The Gini index determines the purity of a specific class after splitting along a particular attribute. The best split increases the purity of the sets resulting from the split. If a data set $L$ contains examples from $j$ classes, the Gini index, $gini\left(L\right)$, is defined as in Equation (5) [51,52]:

$$gini\left(L\right)=1-{\displaystyle \sum }_{i=1}^j{p}_i^2$$

(5)

where $p_i$ is the relative frequency of class $i$ in $L$.

If the dataset is split on an attribute A into two subsets $L_1$ and $L_2$, with sizes $N_1$ and $N_2$, respectively, the Gini index can be calculated as in Equation (6) [51]:

$$gin{i}_A\left(L\right)=\frac{N_1}{N}gini\left(L_1\right)+\frac{N_2}{N}gini\left(L_2\right)$$

(6)

Reduction in impurity is calculated as in expression Equation (7) [51]:

$$\Delta gini\left(A\right)=gini\left(L\right)-gin{i}_A\left(L\right)$$

(7)

The information gain ratio is a ratio of information gain to entropy. Information gain can be expressed as in Equation (8):

$$IG\left(L,f\right)=entropy\left(L\right)-{\displaystyle \sum }_{v=1}^V\frac{\left|L^V\right|}{\left|L\right|}\left(entropy\left(L^V\right)\right)$$

(8)

where $f$ is a feature, $V$ is different values for a feature, $\left|L^V\right|$ is the subset of $L$ with $f=v$.

Therefore, entropy is defined as the probability sum of each label times the log probability of that same label, as is shown by Equation (9) [51,52]:

$$entropy\left(L\right)=-{\displaystyle \sum }_{i=1}^j{p}_{i}lo{g}_2\left(p_i\right)$$

(9)

2.2. Stage 2—Optimization Stage

After the technology suitable for the required hydrographic survey area has been selected and visually substantiated by the decision tree, multi-criterion optimization is applied. Multicriteria decision making (MCDM) is a procedure that combines the performance of decision alternatives across several contradicting, qualitative, and/or quantitative criteria and yields in a compromise solution [53,54]. Relevant methods are frequently applicable, implacable, or explicable, in numerous real-life problems. They are widely used where sets of decision alternatives are evaluated against conflicting criteria [54,55]. The most commonly used multicriteria decision method approach is the weighted sum method (WSM) [56,57,58]. Figure 4 shows MCDM and WSM procedures.

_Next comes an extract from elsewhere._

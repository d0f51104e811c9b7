-- ===== src/Registry/Started.antt =====
-- A run from its start to its end.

From Figure 4, it can be observed there are three major steps. The first step starts with the construction of a pair-wise comparison matrix $C=\left(c_{ij}\right)$, type $\left(\mathrm{nxn}\right)$, between sets of criteria as is shown by Equation (10) [59]:

$$C=\left[\begin{array}{cccc}1& c_{12}& \cdots & c_{1n}\\ \frac{1}{c_{12}}& 1& \cdots & c_{2n}\\ ⋮& ⋮& \ddots & ⋮\\ \frac{1}{c_{1n}}& \frac{1}{c_{2n}}& \cdots & 1\end{array}\right]$$

(10)

where is $c_{ij}=\frac{1}{c_{ji}}, i\ne j$ criteria of positive reciprocal matrix $C$.

Further, the pair-wise comparison matrix between criteria is obtained using Saaty’s scale from

Table 2. Saaty’s scale of relative importance.

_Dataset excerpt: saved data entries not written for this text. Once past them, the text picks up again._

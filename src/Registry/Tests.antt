-- ===== src/Registry/Tests.antt =====
-- The task of a run, and what it prints, on concrete data.
use globuy.Prelude.{arith, ℕ, ◌≡◌, refl, Bool, false, none, some, [], ◌∷◌, any, ◌==◌, ◌&&◌}
use globuy.Sessions.Schema.{
  Db, run_started, succeeded, starting, is_live, is_terminal, iso, from_iso,
}
use globuy.Sessions.Action.{ok, run}
use globuy.Sessions.Rows.{
  insert_thread, insert_key, insert_run, insert_message, user_exists, stored_response, active_row,
  thread_row, live_run, run_row, next_ordinal, is_occupied, max_ordinal,
}
use globuy.Sessions.Threads.{
  replace_thread, request_thread, replace_active, open_thread, retire, put_away,
}
use globuy.Sessions.Runs.{
  create_run, admit_run, write_run, get_run, set_run_status, StoreConfig, fresh_run,
}
use globuy.Sessions.Sound.{IsSound, empty-IsSound}
use globuy.Sessions.SoundThreads.{replace_thread-IsSound}
use globuy.Sessions.SoundRuns.{create_run-IsSound}
use globuy.Broker.Stream.{given, run_finished, task_cancelled, fresh_stream}
use globuy.Broker.Table.{EventBroker, find_stream}
use globuy.Broker.Isolation.{to_publish, to_subscribe}
use globuy.Registry.Task.{
  World, Task, RunHandle, Script, mine, others, marks_cancelling, calls, passes, by_cancel, execute,
}
use globuy.Registry.Final.{missing_text}
use globuy.Registry.Streams.{HasOpen}
use globuy.Registry.Rows.{HasLive}
use globuy.Registry.Ends.{delta_count, ending, shows, closes_at, closes_late}
use globuy.Registry.Phases.{LeavesOpen}
use globuy.Registry.Lifecycle.{every_run_ends}
use globuy.Registry.View.{RunStatusView, run_status}
use globuy.Registry.Seen.{ended_run_is_seen}
use globuy.Registry.Task.{body, run_turns, perform, disturb, handler}
use globuy.Registry.Streams.{type_of}
use globuy.Broker.Stream.{
  ends_run, publish, append_event, trim, deliver, cut_off_full, subscribe, control_event,
  replay_after,
}
use globuy.Broker.Table.{publish_to, subscribe_to, prune, ensure_stream, cursor_info}
use globuy.Prelude.{Option, List}
use globuy.Sessions.Artifacts.{list_artifacts}
use globuy.Sessions.Runs.{finish_run, write_outcome, add_answer, consolidate_later}
use globuy.Sessions.Rows.{insert_result, insert_consolidation, consolidation_row}
use globuy.Registry.Agent.{
  AgentState, GraphEvent, GraphEventKind, globuy_final_state, on_chain_end, final_state_of,
}
use globuy.Registry.Search.{
  or_else, last_output, is_authority, is_root_end, final_state-last_output,
}

abbrev pub blank : ℕ → Bool
blank c = c == 32

abbrev pub config : StoreConfig
config = record { memory_run_threshold = 5; memory_idle_seconds = 3600 }

abbrev pub nobody : Db
nobody = record {
  users = 1 ∷ [];
  threads = [];
  runs = [];
  results = [];
  messages = [];
  consolidations = [];
  keys = [];
}

-- User 1 opens thread 10, and run 7 starts in it.
abbrev pub opened : Db
opened = (replace_thread 1 none 100 10 5000 nobody).1

abbrev pub tables : Db
tables = (create_run blank 1 10 7 (104 ∷ []) 101 50 6 (run_started 10 7 none 6) opened).1

abbrev pub broker : EventBroker
broker = record {
  buffer_size = 4;
  retention = 100;
  subscriber_queue_size = 8;
  streams = fresh_stream 10 7 4 ∷ [];
}

abbrev pub handle : RunHandle
handle = record {
  thread_id = 10;
  run_id = 7;
  user_id = 1;
  query = 104 ∷ [];
  status = starting;
  cancel_requested = false;
}

abbrev pub task : Task
task = record {
  world = record { db = tables; broker = broker; active = handle ∷ [] };
  now = 7000;
  deltas = [];
  message_started = false;
}

-- The agent streams two chunks and adds a third; a cancellation arrives behind the closing of the row.
abbrev pub late_cancel : Script
late_cancel = record {
  chunks = (65 ∷ []) ∷ (66 ∷ []) ∷ [];
  final_text = 65 ∷ 66 ∷ 67 ∷ [];
  result = 82 ∷ [];
  message = [];
  stop = some (8, by_cancel);
  late_stop = none;
  turns =
      mine
      ∷ others (calls 10 7 (to_subscribe 0 1 7001))
      ∷ mine
      ∷ others marks_cancelling
      ∷ others (passes 3)
      ∷ [];
  late_turns = others (calls 11 8 (to_publish run_finished (given []) 7100)) ∷ [];
}

tables_row : run_row 10 7 tables ≡ some (fresh_run 7 10 (104 ∷ []) 6000)
unfolding replace_thread request_thread replace_active open_thread retire put_away create_run
    admit_run write_run run insert_thread insert_key insert_run insert_message user_exists
    stored_response active_row thread_row live_run run_row next_ordinal max_ordinal is_occupied iso
    from_iso
tables_row = refl

fresh_answer : any (λ y. y.message_id == 51) tables.messages ≡ false
unfolding replace_thread request_thread replace_active open_thread retire put_away create_run
    admit_run write_run run insert_thread insert_key insert_run insert_message user_exists
    stored_response active_row thread_row live_run run_row next_ordinal max_ordinal is_occupied iso
    from_iso
fresh_answer = refl

pub tables-IsSound : IsSound tables
tables-IsSound =
    create_run-IsSound blank 1 10 7 (104 ∷ []) 101 50 6 (run_started 10 7 none 6) opened
      (replace_thread-IsSound 1 none 100 10 5000 nobody (empty-IsSound (1 ∷ [])))

run_7-HasLive : HasLive 10 7 51 tables
unfolding is_live
run_7-HasLive = record {
  sound = tables-IsSound;
  row = fresh_run 7 10 (104 ∷ []) 6000;
  found = tables_row;
  live = refl;
  fresh = fresh_answer;
}

run_7-HasOpen : HasOpen 10 7 broker
unfolding find_stream fresh_stream
run_7-HasOpen = record {
  stream = fresh_stream 10 7 4;
  found = refl;
  unended = refl;
  undated = refl;
}

abbrev world_after : World
world_after = (execute config 10 7 51 late_cancel task).world

late_cancel_turns : LeavesOpen 10 7 51 (closes_at (delta_count late_cancel)) late_cancel.turns
unfolding delta_count missing_text
late_cancel_turns = (λ e. tt, (omega arith, (tt, tt)))

late_cancel_later :
    LeavesOpen 10 7 51
      (closes_late (delta_count late_cancel) late_cancel.stop)
      late_cancel.late_turns
unfolding delta_count missing_text
late_cancel_later = (λ e. cc, tt)

every_run_ends_example :
    (shows 10 7 world_after ≡ (
      some (ending (delta_count late_cancel) late_cancel.stop).0,
      some (ending (delta_count late_cancel) late_cancel.stop).1,
    ))
    × (any (λ h. h.thread_id == 10 && h.run_id == 7) world_after.active ≡ false)
every_run_ends_example =
    every_run_ends config 10 7 51 late_cancel task run_7-HasLive run_7-HasOpen refl
      late_cancel_turns late_cancel_later

late_cancel_ends : ending (delta_count late_cancel) late_cancel.stop ≡ (succeeded, task_cancelled)
unfolding ending delta_count missing_text
late_cancel_ends = refl

-- A graph that ends, and then states its final state.
abbrev ended_state : AgentState
ended_state = record { messages = []; terminal_result = none }

abbrev event : GraphEventKind → GraphEvent
event kind = record {
  kind = kind;
  has_parents = false;
  output = some ended_state;
  is_summary = false;
  delta = [];
}

final_state-last_output_example :
    (final_state_of (none, false) (event on_chain_end ∷ event globuy_final_state ∷ [])).0
    ≡ or_else
        (last_output is_authority (event on_chain_end ∷ event globuy_final_state ∷ []))
        (last_output is_root_end (event on_chain_end ∷ event globuy_final_state ∷ []))
final_state-last_output_example =
    final_state-last_output (event on_chain_end ∷ event globuy_final_state ∷ [])

-- What a client is shown of the run that was cancelled late.
abbrev as_stored : Option (List ℕ) → Option (List ℕ)
as_stored result = result

abbrev seen_view : RunStatusView
seen_view = record {
  status = succeeded;
  created_at = 6000;
  started_at = some 7000;
  finished_at = some 7003;
  cursor = cursor_info 10 7 world_after.broker;
  result = some (82 ∷ []);
  artifacts = [];
  error = none;
}

-- A proof that runs a task names this, which opens the store, the broker and the task.
unfoldable pub code : World → World
unfolding execute body run_turns perform disturb handler missing_text run_status get_run
    list_artifacts set_run_status finish_run write_outcome add_answer consolidate_later
    replace_thread request_thread replace_active open_thread retire put_away create_run admit_run
    write_run run insert_thread insert_key insert_run insert_message insert_result
    insert_consolidation consolidation_row user_exists stored_response active_row thread_row
    live_run run_row next_ordinal max_ordinal is_occupied iso from_iso is_terminal is_live
    publish_to subscribe_to ensure_stream prune find_stream fresh_stream publish append_event trim
    deliver cut_off_full subscribe control_event replay_after ends_run cursor_info
code w = w

is_answered : run_status as_stored 10 7 world_after [] ≡ ok seen_view
unfolding code
is_answered = refl

ended_run_is_seen_example :
    (succeeded ≡ (ending (delta_count late_cancel) late_cancel.stop).0)
    × (type_of (cursor_info 10 7 world_after.broker).terminal_event
        ≡ some (ending (delta_count late_cancel) late_cancel.stop).1)
ended_run_is_seen_example =
    ended_run_is_seen config as_stored 10 7 51 late_cancel task [] seen_view run_7-HasLive
      run_7-HasOpen refl late_cancel_turns late_cancel_later is_answered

Intensity of Importance	Technology
1	Same importance
2	Intermediate values
3	Relatively more important
4	Intermediate values
5	Some more important
6	Intermediate values
7	Very more important
8	Intermediate values
9	Enormously important

, [60,61,62].

For quantifying qualitative data, Saaty suggested a scale of relative importance, as shown in Table 2. The scale has five degrees of intensity (1, 3, 5, 7, and 9) and four intermediate levels (2, 4, 6, and 8). Thus, a value judgment corresponds to how many times one criterion is more important than another to each of them. Hence, the values used for any given pair of criteria vary from one (1) where they have equal importance to nine (9) where one is enormously more important than the other.

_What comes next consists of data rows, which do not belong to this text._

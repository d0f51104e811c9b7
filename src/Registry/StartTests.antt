-- ===== src/Registry/StartTests.antt =====
-- start_run in place of a task that is at work, on concrete data.
use globuy.Prelude.{Bool, true, false, none, some, [], ◌∷◌}
use globuy.Sessions.Schema.{starting, cancelled}
use globuy.Sessions.Runs.{Outcome, finish_run}
use globuy.Registry.Task.{World, RunHandle, Script, by_error}
use globuy.Registry.Starts.{StartRun, start_run}
use globuy.Registry.Tests.{blank, config, tables, task, broker, late_cancel}

-- Run 7 of thread 10 is at work, and run 8 is started in its place.
abbrev asks : StartRun
asks = record {
  query = 105 ∷ [];
  thread_id = 10;
  user_id = 1;
  client_request_id = 102;
  run_id = 8;
  message_id = 60;
  created_at = 7;
  now = 7200;
}

abbrev next_handle : RunHandle
next_handle = record {
  thread_id = 10;
  run_id = 8;
  user_id = 1;
  query = 105 ∷ [];
  status = starting;
  cancel_requested = false;
}

abbrev stopped : Outcome
stopped = record {
  status = cancelled;
  final_text = [];
  result = none;
  message_id = 51;
  is_partial = false;
  error_code = none;
  error_message = none;
}

-- While start_run waits, the task of run 7 closes its row and leaves.
abbrev cleared_world : World
cleared_world = record {
  db = (finish_run config 10 7 stopped 7100 tables).1;
  broker = broker;
  active = [];
}

abbrev ends_meanwhile : World → World × Bool
ends_meanwhile w = (cleared_world, true)

abbrev started_world : World
started_world = (start_run false ends_meanwhile blank asks task.world).1

abbrev failing : Script
failing = record late_cancel { stop = some (2, by_error); message = 33 ∷ [] }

Once a comparison matrix has been made, it is necessary to sum the values in each column of the pair-wise matrix, compute each element of the matrix by its column total, and calculate the weight vector by finding the row average as in Equation (11) [60,63]:

$$W=\left[\begin{array}{c}{w}_1\\ w_2\\ ⋮\\ w_n\end{array}\right]=\left[\begin{array}{c}\frac{{{\displaystyle \sum }}_{j=1}^n\frac{c_{1j}}{{{\displaystyle \sum }}_{j=1}^n{c}_{1j}}}{n}\\ \frac{{{\displaystyle \sum }}_{j=1}^n\frac{c_{2j}}{{{\displaystyle \sum }}_{j=1}^n{c}_{2j}}}{n}\\ ⋮\\ \frac{{{\displaystyle \sum }}_{j=1}^n\frac{c_{nj}}{{{\displaystyle \sum }}_{j=1}^n{c}_{nj}}}{n}\end{array}\right]$$

(11)

The weighted sum matrix is found by multiplying the pair-wise comparison matrix and the weight vector. Then, dividing all the elements of the weighted sum matrix by their respective priority vector element, a consistency vector ($CV$) is obtained as by Equation (12), [60,61,62,63]:

$$CV=\left[\begin{array}{c}\frac{{{\displaystyle \sum }}_{j=1}^n{c}_{1j}·w_j}{w_1}\\ \frac{{{\displaystyle \sum }}_{j=1}^n{c}_{2j}·w_j}{w_2}\\ ⋮\\ \frac{{{\displaystyle \sum }}_{j=1}^n{c}_{nj}·w_j}{w_j}\end{array}\right]$$

(12)

Step 1 ends with performing the consistency index ($CI$) and consistency ration ($CR$). CI measures the degree of inconsistency, as is shown by Equation (13) [60,61,62,63]:

$$CI=\frac{{\lambda }_{max}-n}{n-1}$$

(13)

where $n$ is matrix size and ${\lambda }_{max}$ is the largest principal eigenvalue of the positive reciprocal pair-wise comparison matrix.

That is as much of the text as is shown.